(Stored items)

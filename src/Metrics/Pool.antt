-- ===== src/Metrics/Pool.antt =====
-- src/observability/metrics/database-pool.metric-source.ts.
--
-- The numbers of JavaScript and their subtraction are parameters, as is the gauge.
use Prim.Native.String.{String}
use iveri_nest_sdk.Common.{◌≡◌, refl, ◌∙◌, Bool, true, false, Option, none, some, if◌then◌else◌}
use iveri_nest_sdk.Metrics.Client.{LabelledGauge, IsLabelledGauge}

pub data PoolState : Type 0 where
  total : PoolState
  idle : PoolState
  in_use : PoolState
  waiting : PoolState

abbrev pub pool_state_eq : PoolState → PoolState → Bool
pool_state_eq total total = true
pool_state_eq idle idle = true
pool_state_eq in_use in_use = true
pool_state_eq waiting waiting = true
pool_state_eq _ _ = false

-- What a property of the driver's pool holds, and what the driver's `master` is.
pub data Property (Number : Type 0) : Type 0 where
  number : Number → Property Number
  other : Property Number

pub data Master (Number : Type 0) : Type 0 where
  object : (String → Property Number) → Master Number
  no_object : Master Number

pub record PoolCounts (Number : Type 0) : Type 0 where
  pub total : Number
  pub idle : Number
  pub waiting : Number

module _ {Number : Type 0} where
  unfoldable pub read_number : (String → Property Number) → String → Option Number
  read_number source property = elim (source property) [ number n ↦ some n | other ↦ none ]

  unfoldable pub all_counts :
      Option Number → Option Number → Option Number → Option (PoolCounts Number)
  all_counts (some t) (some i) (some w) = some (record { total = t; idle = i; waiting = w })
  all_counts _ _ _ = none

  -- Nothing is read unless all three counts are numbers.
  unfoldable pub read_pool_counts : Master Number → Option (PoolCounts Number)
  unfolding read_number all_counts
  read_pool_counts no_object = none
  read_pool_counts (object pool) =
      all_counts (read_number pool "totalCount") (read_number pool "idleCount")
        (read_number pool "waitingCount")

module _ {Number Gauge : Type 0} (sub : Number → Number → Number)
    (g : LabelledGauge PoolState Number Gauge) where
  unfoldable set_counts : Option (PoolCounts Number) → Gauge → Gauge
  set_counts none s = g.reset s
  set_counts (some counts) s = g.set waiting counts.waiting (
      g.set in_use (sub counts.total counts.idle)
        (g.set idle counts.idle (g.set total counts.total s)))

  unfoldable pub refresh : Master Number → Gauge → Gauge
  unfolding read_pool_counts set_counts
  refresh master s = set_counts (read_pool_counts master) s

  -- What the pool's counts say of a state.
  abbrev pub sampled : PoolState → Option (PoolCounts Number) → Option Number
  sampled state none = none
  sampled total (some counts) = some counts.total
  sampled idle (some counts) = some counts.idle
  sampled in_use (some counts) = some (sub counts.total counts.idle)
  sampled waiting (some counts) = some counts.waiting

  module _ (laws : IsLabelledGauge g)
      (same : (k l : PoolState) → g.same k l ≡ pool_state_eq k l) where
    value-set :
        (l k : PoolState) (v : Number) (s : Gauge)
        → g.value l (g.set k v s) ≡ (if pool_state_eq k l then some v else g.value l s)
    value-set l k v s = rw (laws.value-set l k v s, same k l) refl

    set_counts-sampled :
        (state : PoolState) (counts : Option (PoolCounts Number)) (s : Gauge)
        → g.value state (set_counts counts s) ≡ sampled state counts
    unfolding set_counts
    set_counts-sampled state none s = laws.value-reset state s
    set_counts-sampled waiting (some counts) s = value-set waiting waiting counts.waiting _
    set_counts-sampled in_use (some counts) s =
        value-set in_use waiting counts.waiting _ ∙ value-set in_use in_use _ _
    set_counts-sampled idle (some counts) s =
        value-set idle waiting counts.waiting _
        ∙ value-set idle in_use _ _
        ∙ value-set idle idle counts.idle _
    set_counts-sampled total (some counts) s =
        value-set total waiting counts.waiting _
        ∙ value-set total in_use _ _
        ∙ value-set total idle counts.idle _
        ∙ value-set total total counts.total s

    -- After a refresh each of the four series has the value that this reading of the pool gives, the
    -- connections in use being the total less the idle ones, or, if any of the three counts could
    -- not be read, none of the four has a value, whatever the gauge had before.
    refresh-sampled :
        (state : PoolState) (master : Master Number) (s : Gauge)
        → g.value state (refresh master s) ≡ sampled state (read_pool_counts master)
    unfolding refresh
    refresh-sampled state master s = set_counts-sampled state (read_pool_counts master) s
...
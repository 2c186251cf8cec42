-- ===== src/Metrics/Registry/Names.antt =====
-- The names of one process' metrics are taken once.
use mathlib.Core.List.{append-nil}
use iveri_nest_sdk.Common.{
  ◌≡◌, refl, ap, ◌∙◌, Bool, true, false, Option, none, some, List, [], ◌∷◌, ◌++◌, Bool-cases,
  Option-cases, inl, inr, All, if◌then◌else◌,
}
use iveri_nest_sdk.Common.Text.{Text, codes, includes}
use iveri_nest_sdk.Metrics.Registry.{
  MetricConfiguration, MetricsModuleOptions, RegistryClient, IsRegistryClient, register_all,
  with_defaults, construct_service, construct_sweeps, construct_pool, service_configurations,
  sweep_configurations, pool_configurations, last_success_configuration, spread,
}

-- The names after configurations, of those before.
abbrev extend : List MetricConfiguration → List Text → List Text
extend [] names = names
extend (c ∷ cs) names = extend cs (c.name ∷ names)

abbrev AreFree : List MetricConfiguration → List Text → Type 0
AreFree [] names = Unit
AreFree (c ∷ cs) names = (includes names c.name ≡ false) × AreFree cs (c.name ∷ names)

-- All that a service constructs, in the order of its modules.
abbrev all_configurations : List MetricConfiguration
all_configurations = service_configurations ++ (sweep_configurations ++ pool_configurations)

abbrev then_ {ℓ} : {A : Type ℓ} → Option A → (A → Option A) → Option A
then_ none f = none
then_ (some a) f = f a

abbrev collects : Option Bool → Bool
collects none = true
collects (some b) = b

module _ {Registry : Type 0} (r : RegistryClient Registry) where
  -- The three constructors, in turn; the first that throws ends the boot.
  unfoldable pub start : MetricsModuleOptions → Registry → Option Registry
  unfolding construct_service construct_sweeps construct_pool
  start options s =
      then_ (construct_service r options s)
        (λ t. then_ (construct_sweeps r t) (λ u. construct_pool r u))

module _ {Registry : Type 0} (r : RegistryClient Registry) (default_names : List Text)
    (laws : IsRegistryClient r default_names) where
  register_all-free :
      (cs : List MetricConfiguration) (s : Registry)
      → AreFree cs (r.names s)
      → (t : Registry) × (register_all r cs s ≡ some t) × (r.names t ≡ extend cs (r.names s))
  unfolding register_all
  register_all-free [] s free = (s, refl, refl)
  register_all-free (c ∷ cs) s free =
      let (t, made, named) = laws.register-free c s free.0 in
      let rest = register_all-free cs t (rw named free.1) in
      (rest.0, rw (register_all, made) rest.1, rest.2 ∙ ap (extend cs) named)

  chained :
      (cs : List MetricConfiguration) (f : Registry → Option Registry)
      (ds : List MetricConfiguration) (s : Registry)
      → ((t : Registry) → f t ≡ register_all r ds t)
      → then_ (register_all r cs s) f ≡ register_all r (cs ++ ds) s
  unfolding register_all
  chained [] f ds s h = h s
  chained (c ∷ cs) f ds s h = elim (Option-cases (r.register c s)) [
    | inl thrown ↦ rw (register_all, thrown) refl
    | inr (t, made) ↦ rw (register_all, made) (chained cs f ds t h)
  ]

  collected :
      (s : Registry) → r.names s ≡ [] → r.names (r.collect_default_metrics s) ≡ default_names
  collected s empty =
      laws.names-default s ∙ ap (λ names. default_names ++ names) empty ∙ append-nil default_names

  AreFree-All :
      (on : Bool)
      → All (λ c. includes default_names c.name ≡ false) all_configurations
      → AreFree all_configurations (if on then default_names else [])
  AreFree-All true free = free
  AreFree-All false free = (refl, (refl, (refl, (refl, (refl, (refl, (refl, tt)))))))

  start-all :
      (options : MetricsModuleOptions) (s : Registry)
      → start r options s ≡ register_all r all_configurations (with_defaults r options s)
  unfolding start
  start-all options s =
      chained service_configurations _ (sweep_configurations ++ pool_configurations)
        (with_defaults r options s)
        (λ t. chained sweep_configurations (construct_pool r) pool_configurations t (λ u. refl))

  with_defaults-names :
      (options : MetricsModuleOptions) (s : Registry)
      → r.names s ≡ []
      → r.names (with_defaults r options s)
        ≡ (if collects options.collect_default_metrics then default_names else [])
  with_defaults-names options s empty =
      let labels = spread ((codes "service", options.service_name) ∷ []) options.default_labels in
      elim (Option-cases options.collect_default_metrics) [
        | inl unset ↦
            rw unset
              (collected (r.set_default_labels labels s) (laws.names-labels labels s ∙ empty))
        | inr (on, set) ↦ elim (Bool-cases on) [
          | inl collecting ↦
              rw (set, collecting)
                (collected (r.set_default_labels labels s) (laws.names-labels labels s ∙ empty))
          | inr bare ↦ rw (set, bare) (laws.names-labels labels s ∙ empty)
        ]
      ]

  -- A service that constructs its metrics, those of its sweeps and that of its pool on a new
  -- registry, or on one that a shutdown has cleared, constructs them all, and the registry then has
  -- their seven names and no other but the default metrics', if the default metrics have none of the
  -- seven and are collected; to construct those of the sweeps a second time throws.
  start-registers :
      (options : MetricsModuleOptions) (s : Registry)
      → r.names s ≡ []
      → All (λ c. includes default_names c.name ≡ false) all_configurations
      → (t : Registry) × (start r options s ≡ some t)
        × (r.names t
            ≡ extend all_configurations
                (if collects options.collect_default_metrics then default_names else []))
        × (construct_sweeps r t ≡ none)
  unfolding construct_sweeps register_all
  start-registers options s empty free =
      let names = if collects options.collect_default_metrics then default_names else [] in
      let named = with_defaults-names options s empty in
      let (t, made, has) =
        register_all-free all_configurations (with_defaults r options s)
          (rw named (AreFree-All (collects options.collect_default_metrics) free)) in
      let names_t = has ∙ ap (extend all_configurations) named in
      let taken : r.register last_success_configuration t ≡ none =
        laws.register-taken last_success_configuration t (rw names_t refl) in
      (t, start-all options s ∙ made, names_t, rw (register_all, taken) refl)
* * *
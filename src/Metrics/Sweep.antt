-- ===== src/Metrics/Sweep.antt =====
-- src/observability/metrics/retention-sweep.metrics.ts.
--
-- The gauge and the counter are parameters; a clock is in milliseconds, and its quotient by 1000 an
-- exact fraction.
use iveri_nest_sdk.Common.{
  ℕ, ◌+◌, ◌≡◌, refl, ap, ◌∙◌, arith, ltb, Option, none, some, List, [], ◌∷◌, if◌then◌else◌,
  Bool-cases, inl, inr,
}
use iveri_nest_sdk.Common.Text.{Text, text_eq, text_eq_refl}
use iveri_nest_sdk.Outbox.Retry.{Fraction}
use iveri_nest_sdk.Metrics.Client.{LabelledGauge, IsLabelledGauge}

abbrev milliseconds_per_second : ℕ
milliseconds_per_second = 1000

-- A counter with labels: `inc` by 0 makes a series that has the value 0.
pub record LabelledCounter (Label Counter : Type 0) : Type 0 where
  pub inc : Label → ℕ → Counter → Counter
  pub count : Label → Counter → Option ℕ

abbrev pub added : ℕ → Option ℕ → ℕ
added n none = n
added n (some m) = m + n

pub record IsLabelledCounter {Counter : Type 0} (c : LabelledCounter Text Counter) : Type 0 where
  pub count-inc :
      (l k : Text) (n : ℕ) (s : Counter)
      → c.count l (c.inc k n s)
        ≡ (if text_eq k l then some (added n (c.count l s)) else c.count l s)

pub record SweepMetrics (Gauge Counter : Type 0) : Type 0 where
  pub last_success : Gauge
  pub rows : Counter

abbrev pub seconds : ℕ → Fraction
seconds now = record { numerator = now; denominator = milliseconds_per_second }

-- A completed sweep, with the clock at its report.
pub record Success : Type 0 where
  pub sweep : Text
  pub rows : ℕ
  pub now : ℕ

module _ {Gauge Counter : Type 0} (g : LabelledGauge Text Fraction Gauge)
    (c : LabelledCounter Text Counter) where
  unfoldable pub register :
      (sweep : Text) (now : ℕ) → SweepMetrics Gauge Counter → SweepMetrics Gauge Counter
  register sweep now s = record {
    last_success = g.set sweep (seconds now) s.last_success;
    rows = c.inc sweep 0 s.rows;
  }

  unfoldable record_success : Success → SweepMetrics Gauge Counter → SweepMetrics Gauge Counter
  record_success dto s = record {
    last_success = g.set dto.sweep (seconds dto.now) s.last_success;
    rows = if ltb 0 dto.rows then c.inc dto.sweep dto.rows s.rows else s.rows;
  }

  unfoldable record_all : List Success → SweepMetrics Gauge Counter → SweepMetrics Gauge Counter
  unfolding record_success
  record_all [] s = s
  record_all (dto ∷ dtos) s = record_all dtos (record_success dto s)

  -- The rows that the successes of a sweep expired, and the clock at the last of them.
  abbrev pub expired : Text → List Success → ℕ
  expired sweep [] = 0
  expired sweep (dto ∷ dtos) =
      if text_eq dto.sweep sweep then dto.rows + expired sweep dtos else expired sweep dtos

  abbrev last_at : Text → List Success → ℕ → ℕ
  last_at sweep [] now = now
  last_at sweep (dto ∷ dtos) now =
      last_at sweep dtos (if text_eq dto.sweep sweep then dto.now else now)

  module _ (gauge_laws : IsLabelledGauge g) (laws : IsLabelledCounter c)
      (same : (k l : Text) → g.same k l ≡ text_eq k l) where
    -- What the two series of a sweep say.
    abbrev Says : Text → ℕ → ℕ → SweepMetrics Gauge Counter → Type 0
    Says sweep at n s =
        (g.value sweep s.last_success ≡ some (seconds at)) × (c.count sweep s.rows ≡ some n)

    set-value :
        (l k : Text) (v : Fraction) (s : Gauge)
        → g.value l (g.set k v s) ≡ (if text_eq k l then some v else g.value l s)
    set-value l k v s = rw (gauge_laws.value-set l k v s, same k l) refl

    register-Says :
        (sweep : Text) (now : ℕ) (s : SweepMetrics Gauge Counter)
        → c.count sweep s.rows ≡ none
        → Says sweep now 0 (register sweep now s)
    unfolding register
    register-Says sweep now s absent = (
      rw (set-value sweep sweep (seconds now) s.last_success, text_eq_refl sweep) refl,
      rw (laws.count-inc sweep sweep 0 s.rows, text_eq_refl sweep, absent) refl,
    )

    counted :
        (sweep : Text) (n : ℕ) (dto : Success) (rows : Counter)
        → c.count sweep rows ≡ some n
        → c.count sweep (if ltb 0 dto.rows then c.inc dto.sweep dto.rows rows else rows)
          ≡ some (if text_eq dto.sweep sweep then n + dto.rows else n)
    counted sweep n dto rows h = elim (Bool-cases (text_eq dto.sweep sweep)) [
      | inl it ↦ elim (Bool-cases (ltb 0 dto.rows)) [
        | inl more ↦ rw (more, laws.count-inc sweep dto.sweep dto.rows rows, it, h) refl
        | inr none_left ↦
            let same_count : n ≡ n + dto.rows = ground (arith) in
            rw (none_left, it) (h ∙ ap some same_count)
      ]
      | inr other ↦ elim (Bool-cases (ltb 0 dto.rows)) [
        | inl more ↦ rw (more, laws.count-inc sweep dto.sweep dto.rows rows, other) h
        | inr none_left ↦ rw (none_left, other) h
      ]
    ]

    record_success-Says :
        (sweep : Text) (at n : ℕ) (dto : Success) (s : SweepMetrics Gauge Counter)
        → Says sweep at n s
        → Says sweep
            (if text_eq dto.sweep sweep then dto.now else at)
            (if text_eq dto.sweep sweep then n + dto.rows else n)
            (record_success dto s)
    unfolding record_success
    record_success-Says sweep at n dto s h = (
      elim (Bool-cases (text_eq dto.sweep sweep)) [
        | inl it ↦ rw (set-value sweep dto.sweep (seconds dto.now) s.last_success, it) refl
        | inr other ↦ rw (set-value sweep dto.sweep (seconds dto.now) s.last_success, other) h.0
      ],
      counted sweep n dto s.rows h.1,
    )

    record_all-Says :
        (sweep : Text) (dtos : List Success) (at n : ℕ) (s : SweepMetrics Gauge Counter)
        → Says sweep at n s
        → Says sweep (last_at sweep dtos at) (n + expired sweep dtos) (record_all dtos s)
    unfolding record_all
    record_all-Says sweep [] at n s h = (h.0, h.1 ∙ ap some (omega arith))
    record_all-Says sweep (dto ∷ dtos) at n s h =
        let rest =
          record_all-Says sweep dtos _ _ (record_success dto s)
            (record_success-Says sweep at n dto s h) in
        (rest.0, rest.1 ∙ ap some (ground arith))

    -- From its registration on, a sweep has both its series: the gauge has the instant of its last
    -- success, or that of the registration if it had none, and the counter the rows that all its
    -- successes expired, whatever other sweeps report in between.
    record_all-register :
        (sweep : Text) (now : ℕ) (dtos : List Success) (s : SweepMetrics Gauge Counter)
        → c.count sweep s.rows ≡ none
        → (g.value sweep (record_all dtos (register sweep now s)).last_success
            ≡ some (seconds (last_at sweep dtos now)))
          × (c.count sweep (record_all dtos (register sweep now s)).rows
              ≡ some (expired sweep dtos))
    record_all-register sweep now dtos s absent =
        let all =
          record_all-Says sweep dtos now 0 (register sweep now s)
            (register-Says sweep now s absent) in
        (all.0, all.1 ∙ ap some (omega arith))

# [Task]
Every line above that holds the string "added" should be copied into the answer.

# [Result]
abbrev pub added : ℕ → Option ℕ → ℕ
added n none = n
added n (some m) = m + n
        ≡ (if text_eq k l then some (added n (c.count l s)) else c.count l s)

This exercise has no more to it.